Moreover, I don’t care what someone believed or advocated in the past; I want to know what they are going to do now. The real questions to ask are whether the former Clintonistas learned anything from their past experiences or from the disasters of the past eight years, and whether they recognize that it ain’t the 1990s anymore. Will Obama’s new Middle East team repeat Clinton’s mishandling of the Oslo process? Will he and his advisors eventually conclude that a nuclear Iran is as “unacceptable” as Bush believed a nuclear Iraq to be, and order another preventive war? (I wish I could rule that out completely, but too many well-funded groups and well-connected individuals are already laying the groundwork). Do they still think the U.S. is the “indispensable nation” — as former Secretary of State Madeleine Albright did — and will they feel compelled to tackle every international problem? Or will they quickly figure out that a country that is mired in recession, fighting two wars, in urgent need of health care reform and infrastructure investments, and looking at a $1 trillion (!) budget deficit has simply got to set clear priorities, make tough choices, and find ways to get other states to bear more of the burden. I don’t know, but neither does anybody else. Yet.
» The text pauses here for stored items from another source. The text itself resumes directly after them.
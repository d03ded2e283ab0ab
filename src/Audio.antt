-- ===== src/Audio.antt =====
-- src/audio.rs: PCM samples and WAV files. A sample is its value; floats are an interface, with the
-- operations that the resampling calls.
pub mod Wav
pub mod Mono
use homeassistant_local_voic.Base.{
  ℕ, zero, suc, ◌+◌, ◌-◌, ◌*◌, ◌/◌, ◌%◌, min, max, Bool, List, [], ◌∷◌, ◌++◌, Option, none, some,
  map, length, get_elem?, ltb, ◌==◌, ◌||◌, ◌&&◌, if◌then◌else◌, unwrap_or,
}
use homeassistant_local_voic.Base.Text.{is_empty}
use homeassistant_local_voic.Base.Int.{
  ℤ, pos, negsuc, plus, divided, high_half, centred, times_256, signed16, signed32, clamp16,
}
use homeassistant_local_voic.Base.Bytes.{from_le, chunks_exact}

pub record Format : Type 0 where
  pub rate : ℕ
  pub width : ℕ
  pub channels : ℕ

abbrev pub same_format : Format → Format → Bool
same_format f g = (f.rate == g.rate) && ((f.width == g.width) && (f.channels == g.channels))

abbrev pub stt_format : Format
stt_format = record { rate = 16000; width = 2; channels = 1 }

unfoldable pub decode_sample : List ℕ → ℤ
decode_sample (a ∷ []) = times_256 (centred a)
decode_sample (a ∷ b ∷ []) = signed16 (from_le (a ∷ b ∷ []))
decode_sample (a ∷ b ∷ c ∷ []) = high_half (signed32 (from_le (0 ∷ a ∷ b ∷ c ∷ [])))
decode_sample (a ∷ b ∷ c ∷ d ∷ []) = high_half (signed32 (from_le (a ∷ b ∷ c ∷ d ∷ [])))
decode_sample _ = pos 0

abbrev sum_from : ℤ → List ℤ → ℤ
sum_from s [] = s
sum_from s (x ∷ xs) = sum_from (plus s x) xs

abbrev pub mix_frame : ℕ → ℕ → List ℕ → ℤ
mix_frame width channels f =
    divided (sum_from (pos 0) (map decode_sample (chunks_exact width f))) channels

unfoldable pub mono_of : List ℕ → Format → List ℤ
unfolding decode_sample chunks_exact
mono_of bytes from =
    let width = max from.width 1 in
    let channels = max from.channels 1 in
    map (mix_frame width channels) (chunks_exact (width * channels) bytes)

-- The operations of `f64` that `to_mono_i16` uses: conversions, the four operations, `as usize` and
-- `round() as i32`.
pub record Float : Type 1 where
  pub F : Type 0
  pub of_nat : ℕ → F
  pub of_int : ℤ → F
  pub add : F → F → F
  pub sub : F → F → F
  pub mul : F → F → F
  pub div : F → F → F
  pub as_usize : F → ℕ
  pub round_as_i32 : F → ℤ

module _ (float : Float) where
  open float use {of_nat, of_int, add, sub, mul, div, as_usize, round_as_i32}

  -- The sample at `i`, or the last one.
  sample_at : List ℤ → ℕ → ℤ
  sample_at mono i = unwrap_or (get_elem? mono (min i (length mono - 1))) (pos 0)

  interpolated : List ℤ → ℕ → ℕ → ℕ → ℤ
  interpolated mono from rate i =
      let place = mul (of_nat i) (div (of_nat from) (of_nat rate)) in
      let idx = as_usize place in
      let frac = sub place (of_nat idx) in
      let a = of_int (sample_at mono idx) in
      let b = of_int (sample_at mono (idx + 1)) in
      clamp16 (round_as_i32 (add a (mul (sub b a) frac)))

  -- `(i..i + n).map(f)`.
  abbrev pub rounds : (ℕ → ℤ) → ℕ → ℕ → List ℤ
  rounds f i zero = []
  rounds f i (suc n) = f i ∷ rounds f (i + 1) n

  unfoldable pub to_mono_i16 : List ℕ → Format → ℕ → List ℤ
  unfolding mono_of interpolated sample_at
  to_mono_i16 bytes from rate =
      let mono = mono_of bytes from in
      if (from.rate == rate) || ((from.rate == 0) || is_empty mono)
      then map clamp16 mono
      else rounds (interpolated mono from.rate rate) 0 (length mono * rate / from.rate)
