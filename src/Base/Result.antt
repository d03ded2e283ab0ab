-- ===== src/Base/Result.antt =====
-- anyhow::Result: a value, or an error with its message.
use mathlib.Core.Path.{◌≡◌, refl}
use mathlib.Core.Option.{Option, none, some}
use homeassistant_local_voic.Base.Text.{Text}

pub data Result {μ} (X : Type μ) : Type μ where
  err : Text → Result X
  ok : X → Result X

-- `Option::context`.
abbrev pub context {μ} : {X : Type μ} → Option X → Text → Result X
context none message = err message
context (some x) message = ok x

infixl 5 ◌>>=◌
abbrev pub ◌>>=◌ {μ ν} : {X : Type μ} {Y : Type ν} → Result X → (X → Result Y) → Result Y
err message >>= next = err message
ok x >>= next = next x

-- What a chain that succeeds went through.
pub >>=-eq-ok {μ ν} :
    {X : Type μ} {Y : Type ν} (first : Result X) (next : X → Result Y) {y : Y}
    → (first >>= next) ≡ ok y
    → (x : X) × (first ≡ ok x) × (next x ≡ ok y)
>>=-eq-ok (err message) next h = cc
>>=-eq-ok (ok x) next h = (x, refl, h)
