-- ===== src/Audio/Wav.antt =====
-- WAV files. A sum of `u32`s wraps around; positions in a file are `usize` and do not.
pub mod RoundTrip
pub mod Ends
use homeassistant_local_voic.Base.{
  ℕ, zero, suc, ◌+◌, ◌-◌, ◌*◌, ◌/◌, ◌%◌, ◌^◌, min, Bool, true, false, List, [], ◌∷◌, ◌++◌, Option,
  none, some, length, take, drop, ltb, ◌==◌, ◌||◌, not, if◌then◌else◌,
}
use homeassistant_local_voic.Base.Text.{Text, codes, text_eq}
use homeassistant_local_voic.Base.Int.{ℤ, pattern16}
use homeassistant_local_voic.Base.Bytes.{to_le, from_le}
use homeassistant_local_voic.Base.Result.{Result, ok, err}
use homeassistant_local_voic.Audio.{Format}

abbrev u32 : ℕ → ℕ
u32 n = n % 2 ^ 32

abbrev u16 : ℕ → ℕ
u16 n = n % 2 ^ 16

-- `u32::try_from(..).unwrap_or(u32::MAX)`.
abbrev u32_or_max : ℕ → ℕ
u32_or_max n = min n (2 ^ 32 - 1)

unfoldable pub sample_bytes : List ℤ → List ℕ
sample_bytes [] = []
sample_bytes (s ∷ pcm) = to_le 2 (pattern16 s) ++ sample_bytes pcm

unfoldable pub wav_header : ℕ → ℕ → ℕ → List ℕ
wav_header data_len rate channels =
    codes "RIFF"
    ++ (to_le 4 (u32 (36 + data_len))
        ++ (codes "WAVEfmt "
            ++ (to_le 4 16
                ++ (to_le 2 1
                    ++ (to_le 2 channels
                        ++ (to_le 4 rate
                            ++ (to_le 4 (u32 (u32 (rate * channels) * 2))
                                ++ (to_le 2 (u16 (channels * 2))
                                    ++ (to_le 2 16 ++ (codes "data" ++ to_le 4 data_len))))))))))

unfoldable pub wav_bytes : List ℤ → ℕ → ℕ → List ℕ
unfolding wav_header sample_bytes
wav_bytes pcm rate channels =
    wav_header (u32_or_max (length pcm * 2)) rate channels ++ sample_bytes pcm

-- `&data[pos..pos + n]`, within the list.
abbrev pub at_pos : ℕ → ℕ → List ℕ → List ℕ
at_pos pos n bytes = take n (drop pos bytes)

abbrev pub format_at : ℕ → List ℕ → Format
format_at body bytes = record {
  channels = from_le (at_pos (body + 2) 2 bytes);
  rate = from_le (at_pos (body + 4) 4 bytes);
  width = from_le (at_pos (body + 14) 2 bytes) / 8;
}

abbrev pub Output : Type 0
Output = Result (Format × List ℕ)

-- One round of the loop: the result, or the next position and format.
pub data Step : Type 0 where
  done : Output → Step
  next : ℕ → Option Format → Step

abbrev data_end : ℕ → ℕ → List ℕ → ℕ
data_end body size bytes =
    if (size == 0) || (size == 2 ^ 32 - 1) then length bytes else min (body + size) (length bytes)

abbrev data_chunk : ℕ → ℕ → List ℕ → Option Format → Output
data_chunk body size bytes none = err (codes "WAV data before fmt")
data_chunk body size bytes (some fmt) =
    ok (fmt, at_pos body (data_end body size bytes - body) bytes)

unfoldable pub chunk_step : List ℕ → ℕ → Option Format → Step
chunk_step bytes pos format =
    let id = at_pos pos 4 bytes in
    let size = from_le (at_pos (pos + 4) 4 bytes) in
    let body = pos + 8 in
    let behind = body + size + size % 2 in
    if ltb (length bytes) (pos + 8)
    then done (err (codes "WAV without data chunk"))
    else if text_eq id (codes "fmt ")
    then (if ltb (length bytes) (body + 16)
        then done (err (codes "WAV fmt chunk truncated"))
        else next behind (some (format_at body bytes)))
    else if text_eq id (codes "data")
    then done (data_chunk body size bytes format)
    else next behind format

-- The loop, with at most `fuel` rounds; `none`: they were too few.
unfoldable pub parse_from : ℕ → List ℕ → ℕ → Option Format → Option Output
unfolding chunk_step
parse_from zero bytes pos format = none
parse_from (suc fuel) bytes pos format = elim (chunk_step bytes pos format) [
  | done r ↦ some r
  | next pos' format' ↦ parse_from fuel bytes pos' format'
]

abbrev pub is_riff : List ℕ → Bool
is_riff bytes = not (
    ltb (length bytes) 12
    || (not (text_eq (take 4 bytes) (codes "RIFF"))
        || not (text_eq (at_pos 8 4 bytes) (codes "WAVE"))))

unfoldable pub parse_wav : List ℕ → Option Output
unfolding parse_from
parse_wav bytes =
    if not (is_riff bytes)
    then some (err (codes "TTS response is not a RIFF/WAV file"))
    else parse_from (length bytes) bytes 12 none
There are two other reasons why initial appointments don’t tell you that much about eventual directions that policy will take. First, foreign policy is a realm of inevitable surprises: no matter how carefully you set an agenda and how hard you try to stick to it, the outside world always deals you a few wild cards. Just ask President Bush, who didn’t see 9/11 coming and ended up invading two far-away countries about which he knew nothing. Second, the internal dynamics of any Administration are impossible to predict. Once Obama’s team is in place, he will inevitably learn who is good at their jobs and who isn’t, and whose judgment and advice proves useful and whose input he decides to ignore.
For all these reasons, we actually know a lot less about Obama’s foreign policy than we think we do, and knowing the players doesn’t tell you much about the playbook. I’m keeping my fingers crossed, but not taking any bets just yet.